17 Nisan 2025 02:20

Bu düzen bizlerin düzeni değil

Yılın ilk üç ayında Antep patronları işçilerin üzerinden 3 milyar dolarlık ihracat rekoru kırdı. Bu rekora rağmen işçilere %30’luk sefalet zammı reva görüldü.

Bu düzen bizlerin düzeni değil

Fotoğraf: BİRTEK-SEN

Bünyamin

Genç işçi

Antep

Geçtiğimiz şubat ayında Antep’te 25’i aşkın fabrikada ek zam talepli eylemler oldu. Haklarını arayan işçi ve emekçilere patronların emriyle vali tarafından jandarma ve polis müdahalesi gerçekleştirildi. TOMA’lar ve çevik kuvvetler hakkını arayan işçilerin karşısına geçti. Bu süreç devam ederken sermaye iktidarının işçilere karşı tutumu hiç değişmedi. Valinin 15 günlük eylem ve grev yasağı ile dağıtmaya çalıştığı birlik bunu bir örneğiydi. Gittikçe büyüyen ve ses çıkaran bu işçi eylemleri artık organize sanayi bölgesinde yayılmış ve yüksek bir ses çıkarmıştı. Antep Demokrasi Meydanı’nda işçiler ve BİRTEK-SEN tarafından yapılacak olan basın açıklamasına yapılan müdahale insanlık dışıydı. Gözaltılar, baskılar her zaman işçi emekçilerin ve hak arayışında susmayan BİRTEK-SEN sendikasına yönelikti. Hukuksuz bir şekilde işçilerin sendikal hakları gasp edildi ve sendika Genel Başkanı Mehmet Türkmen 36 gün boyunca hukuksuz bir şekilde tutuklu kaldı, şimdi de ev hapsinde.

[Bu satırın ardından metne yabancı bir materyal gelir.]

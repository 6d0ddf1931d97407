-- ===== src/Protect.antt =====
-- The package protect: admission queue, authentication, access control, and their stores.
pub mod Queue
pub mod Token
pub mod Access
pub mod AuthSessions
pub mod Request
pub mod Htpasswd
pub mod SourceTrust
pub mod Auth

Patronun ihracatı ve işçinin sefaleti rekor kırıyor

Bu hukuksuzluklar devam ederken yılın ilk üç ayında Antep patronları işçilerin üzerinden ihracat rekorları kırmaya devam etti. Üç ayda 3 milyar dolar ihracat gerçekleştirildi. Böylesine büyük ihracat rekorları kırılmasına rağmen işçilere %30’luk sefalet zammı reva görüldü. Biz işçilere bunu reva gören sermaye ve onun iktidarı biz işçiler üzerinden servetlerine servet katarken biz işçiler ise açlık yoksulluğa mahkûm edildik. Bu düzene karşı işçilerin aldığı tutum grevlerle sendikal haklar ile kazanılmaya çalışılan hak arama mücadelesi oldu. Nisan ayına girerken patronların Başpınar’da işten atmaları ile karşı karşıyayız. Bayram öncesinde, sonrasında ve hâlâ süren işten atmalarda binlerce işçi işten çıkarıldı. Sürekli “küçülmeye gidiyoruz” dendiği görülüyor. Aslında küçülme değil az işçi ile çok üretime gidiliyor. İşçiler üzerinden kazanılan artı değer arttırılmaya çalışılıyor her zamanki gibi. Üç işçinin yapacağı işi bir işçi yapıyor, üretim ortalaması düştüğü zaman da işçiye yevmiye cezası veriliyor. Yani işçiden nefes almadan çalışması bekleniyor.

Bu düzen işçinin düzeni değil bunu hepimiz biliyoruz. Bu memlekette yaşanan olumsuzlukların yükünün ilk bindirileceği yer her zaman işçiler oldu. Son aylarda Antep’te yaşananlar bu memleketin özetidir. Bu mücadele elbette uzun bir mücadele ancak bugünden elimizi taşın altına koymazsak yarın biz işçiler için her zaman “geleceksizlik” anlamına gelecek.